И вот приехал Митя Салов к Марине, а она отперла ему дверь и говорит:

— О, — говорит, — как удачно, что ты пришел. Ты, — говорит, — наверно, почувствовал, да? И пришел.

А Салов ей отвечает, что просто пришел, по одному делу, и «что это я, — спрашивает, — мог такого почувствовать?».

А Марина ему говорит весело:

— А то, — говорит, — что у нас с тобой ребенок будет.

— Кто у нас будет? С тобой? — Салов спрашивает.

— Ну ребенок, — Марина говорит и повторяет еще раз: — ребенок.

И после повторения этого слова «ребенок» у Салова, видно, что-то на лице изменилось. Или отразилось, может быть. Потому что Марина глянула на его лицо и спросила:

— Ты что это, — спросила, — не рад?

А Салов сначала замялся на какое-то неопределенное время, а потом говорит:

— Чего это я не рад? Я рад.

И замолчал. А Марина говорит:

— Мить, — говорит, — а ты на мне теперь женишься или как?

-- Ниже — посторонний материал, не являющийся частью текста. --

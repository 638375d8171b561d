-- ===== src/Worker/Ring.antt =====
-- No round of a worker's loop loses a chunk or makes one up (worker.go).
use incite.Base.{
  ℕ, ◌+◌, ◌≡◌, refl, Bool, true, false, Option, none, some, List, [], ◌∷◌, ◌++◌, arith, Text,
  text_eq, if◌then◌else◌, length, length-append, ◌==◌, ap, subst, Bool-cases, ◌⊎◌, inl, inr,
}
use incite.Clock.{Time}
use incite.Chunk.{Chunk}
use incite.Regulator.{Regulator, WaitResult}
use incite.Worker.{
  Outcome, nothing, finished, inconclusive, throttling_error, temporary_error, Worker, Input, push,
  Received, blocked, empty, receive_from, take_first, adapt, after_receive, Popped, waits, closing,
  popped, pop, settle, panics, after_pop, Round, waiting, returned, panicked, goes_on, stops,
  round_of,
}

-- A weight of chunks, by their streams and their IDs, and its total over a list. One that counts
-- counts the chunks with an ID.
abbrev pub Weight : Type 0
Weight = ℕ → Text → ℕ

unfoldable pub total : Weight → List Chunk → ℕ
total weight [] = 0
total weight (c ∷ cs) = weight c.stream c.chunk_id + total weight cs

abbrev pub named : Text → Weight
named t stream chunk_id = if text_eq chunk_id t then 1 else 0

abbrev pub total_out : Weight → Option Chunk → ℕ
total_out weight none = 0
total_out weight (some c) = total weight (c ∷ [])

pub total-append :
    (weight : Weight) (xs ys : List Chunk)
    → total weight (xs ++ ys) ≡ total weight xs + total weight ys
unfolding total
total-append weight [] ys = omega arith
total-append weight (x ∷ xs) ys = omega (arith, total-append weight xs ys)

abbrev pub IsCounted : Worker → Type 0
IsCounted w = w.num_chunks ≡ length w.chunks

-- The chunks that a worker has or will get.
abbrev pub held : Weight → Worker → Input → ℕ
held weight w i = total weight w.chunks + total weight i.queue

-- pop takes one chunk out of what is held.
abbrev Takes : Weight → ℕ → Popped → Type 0
Takes t n waits = Unit {0}
Takes t n closing = Unit {0}
Takes t n (popped c w i) = (held t w i + total t (c ∷ []) ≡ n) × IsCounted w

take_first-Takes :
    (t : Weight) (cs : List Chunk) (w : Worker) (i : Input)
    → w.num_chunks ≡ length cs
    → Takes t (total t cs + total t i.queue) (take_first cs w i)
unfolding total
take_first-Takes t [] w i h = tt
take_first-Takes t (c ∷ cs) w i h = (omega arith, omega arith)

push-Takes :
    (t : Weight) (c : Chunk) (w : Worker) (i : Input)
    → IsCounted w
    → Takes t
        (total t w.chunks + total t (c ∷ []) + total t i.queue)
        (take_first (w.chunks ++ c ∷ []) (push w c) i)
unfolding push
push-Takes t c w i h =
    subst (λ n. Takes t (n + total t i.queue) (take_first (w.chunks ++ c ∷ []) (push w c) i))
      (total-append t w.chunks (c ∷ []))
      (take_first-Takes t (w.chunks ++ c ∷ []) (push w c) i
        (omega (arith, length-append w.chunks (c ∷ []))))

received-Takes :
    (t : Weight) (q : List Chunk) (b : Bool) (w : Worker) (otherwise : Received)
    → (otherwise ≡ blocked) ⊎ (otherwise ≡ empty)
    → IsCounted w
    → Takes t
        (total t w.chunks + total t q)
        (after_receive (receive_from q b otherwise) w (record { queue = q; is_closed = b }))
unfolding after_receive total
received-Takes t [] true w otherwise e h = tt
received-Takes t [] false w otherwise (inl e) h = rw e tt
received-Takes t [] false w otherwise (inr e) h =
    rw e (take_first-Takes t w.chunks w (record { queue = []; is_closed = false }) h)
received-Takes t (c ∷ q) b w otherwise e h =
    let i : Input = record { queue = q; is_closed = b } in
    subst (λ n. Takes t n (take_first (w.chunks ++ fresh ∷ []) (push w fresh) i)) (omega arith)
      (push-Takes t fresh w i h)
  where
    fresh : Chunk
    fresh = record c { try = 0; tmp = 0 }

pop-Takes : (t : Weight) (w : Worker) (i : Input) → IsCounted w → Takes t (held t w i) (pop w i)
unfolding pop
pop-Takes t w i h = elim (Bool-cases (w.num_chunks == 0)) [
  | inl e ↦ rw e (received-Takes t i.queue i.is_closed w blocked (inl refl) h)
  | inr e ↦ rw e (received-Takes t i.queue i.is_closed w empty (inr refl) h)
]

settle-kept :
    (t : Weight) (w : Worker) (c : Chunk) (o : Outcome)
    → IsCounted w
    → (total t (settle w c o).0.chunks + total_out t (settle w c o).1
        ≡ total t w.chunks + total t (c ∷ []))
      × IsCounted (settle w c o).0
unfolding settle total
settle-kept t w c nothing h = ground (arith, total-append t w.chunks (c ∷ []))
settle-kept t w c finished h = ground (arith, total-append t w.chunks (c ∷ []))
settle-kept t w c inconclusive h =
    ground (arith, total-append t w.chunks (c ∷ []), length-append w.chunks (c ∷ []))
settle-kept t w c throttling_error h = ground (
  arith,
  total-append t w.chunks (record c { tmp = c.tmp + 1 } ∷ []),
  length-append w.chunks (record c { tmp = c.tmp + 1 } ∷ []),
)
settle-kept t w c temporary_error h = ground (
  arith,
  total-append t w.chunks (record c { tmp = c.tmp + 1 } ∷ []),
  length-append w.chunks (record c { tmp = c.tmp + 1 } ∷ []),
)

abbrev pub Keeps : Weight → ℕ → Round → Type 0
Keeps t n waiting = Unit {0}
Keeps t n returned = Unit {0}
Keeps t n panicked = Unit {0}
Keeps t n (goes_on w i out) = (held t w i + total_out t out ≡ n) × IsCounted w
Keeps t n (stops w i) = (held t w i ≡ n) × IsCounted w

-- A manipulator that leaves the weight of a chunk as it is.
abbrev pub Leaves : Weight → (Chunk → Chunk × Outcome) → Type 0
Leaves t manipulate =
    (c : Chunk) → t (manipulate c).0.stream (manipulate c).0.chunk_id ≡ t c.stream c.chunk_id

after_pop-Keeps :
    (wait_for : Chunk → Regulator → Regulator × WaitResult) (manipulate : Chunk → Chunk × Outcome)
    (now : Time) (t : Weight) (n : ℕ)
    → Leaves t manipulate
    → (p : Popped) → Takes t n p
    → Keeps t n (after_pop wait_for manipulate now p)
unfolding after_pop push total panics
after_pop-Keeps wait_for manipulate now t n named waits h = tt
after_pop-Keeps wait_for manipulate now t n named closing h = tt
after_pop-Keeps wait_for manipulate now t n named (popped c w i) h =
    let (c', o) = manipulate c in
    ground (
      arith,
      named c,
      total-append t w.chunks (c ∷ []),
      length-append w.chunks (c ∷ []),
      settle-kept t (record w { regulator = adapt now o (wait_for c w.regulator).0 }) c' o,
    )

pub round_of-weighed :
    (wait_for : Chunk → Regulator → Regulator × WaitResult) (manipulate : Chunk → Chunk × Outcome)
    (now : Time) (w : Worker) (i : Input) (t : Weight)
    → Leaves t manipulate
    → IsCounted w
    → Keeps t (held t w i) (round_of wait_for manipulate now w i)
unfolding round_of
round_of-weighed wait_for manipulate now w i t same h =
    after_pop-Keeps wait_for manipulate now t (held t w i) same (pop w i) (pop-Takes t w i h)

-- In a round of a worker's loop that does not panic each chunk stays in the ring or in the input channel, comes from
-- the channel into the ring, or is sent out, and none is lost or doubled, whatever the outcome of
-- its manipulation is; and the count of the ring stays right.
pub round_of-Keeps :
    (wait_for : Chunk → Regulator → Regulator × WaitResult) (manipulate : Chunk → Chunk × Outcome)
    (now : Time) (w : Worker) (i : Input) (t : Text)
    → ((c : Chunk) → (manipulate c).0.chunk_id ≡ c.chunk_id)
    → IsCounted w
    → Keeps (named t) (held (named t) w i) (round_of wait_for manipulate now w i)
round_of-Keeps wait_for manipulate now w i t same h =
    round_of-weighed wait_for manipulate now w i (named t)
      (λ c. ap (λ chunk_id. named t 0 chunk_id) (same c)) h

— Женюсь, — Салов ей отвечает. — Конечно. Куда ж я, — отвечает, — денусь?

Ну, Марина обниматься полезла, а он, Салов, говорит:

— Только я сейчас на минутку забежал. К тебе. По одному делу. И мне обратно надо бежать. Назад. А завтра я позвоню и, это, приду. И женюсь. На тебе.

И Салов ушел от Марины и поехал не к Гале, а к себе. Домой. Сел в троллейбус и поехал. А в троллейбусе в этом, куда он сел, в нем ехали следующие люди: сзади ехали двое парней подросткового возраста с такого же близкого возраста девушкой, и девушка эта сидела на руках у одного парня и целовалась с другим парнем. Потом там ехала группа женщин, находящихся в алкогольном опьянении высокой степени, а одеты они были в натуральные меховые изделия, и на пальцах у них блестело по многу колец с камнями и без камней, и все они ругали матерными словами и выражениями сучка Геру Мухина. Еще в троллейбусе ехал старый дед с костылем и без левой ноги. Он лежал, обняв свой костыль, в проходе на полу и спал, и от него пахло свежей мочой. А на сиденье впереди, которое развернуто против хода троллейбуса, ехал плоский человек с зеленой гармошкой. Человек был вроде как не в себе. Он таскал гармошку туда и сюда и дурным голосом на одной ноте орал украинскую народную песню:

Ты ж мэнэ пидманула,

Ты ж мэнэ пидвэла,

Ты ж мэнэ молодого

З ума-розуму звэла.

Так орал этот человек всю дорогу без передыху. А когда троллейбус приехал на конечную остановку и остановился, и открыл все двери, из них никто не вышел. Ни один человек не вышел. И Митя Салов не вышел. И водитель троллейбуса включил микрофон и сказал в него по типу того, как, слышал он, говорят в метрополитене города Москвы:

— Конечная, — сказал водитель в микрофон, — троллейбус дальше не пойдет, большая просьба освободить салон.

Но и водителя никто не послушал. Или же его не услышали. Или не поняли из-за звуков гармошки и голоса плоского человека, который все громче и громче орал свою жуткую песню, и песня эта не имела в его исполнении ни конца, ни смысла.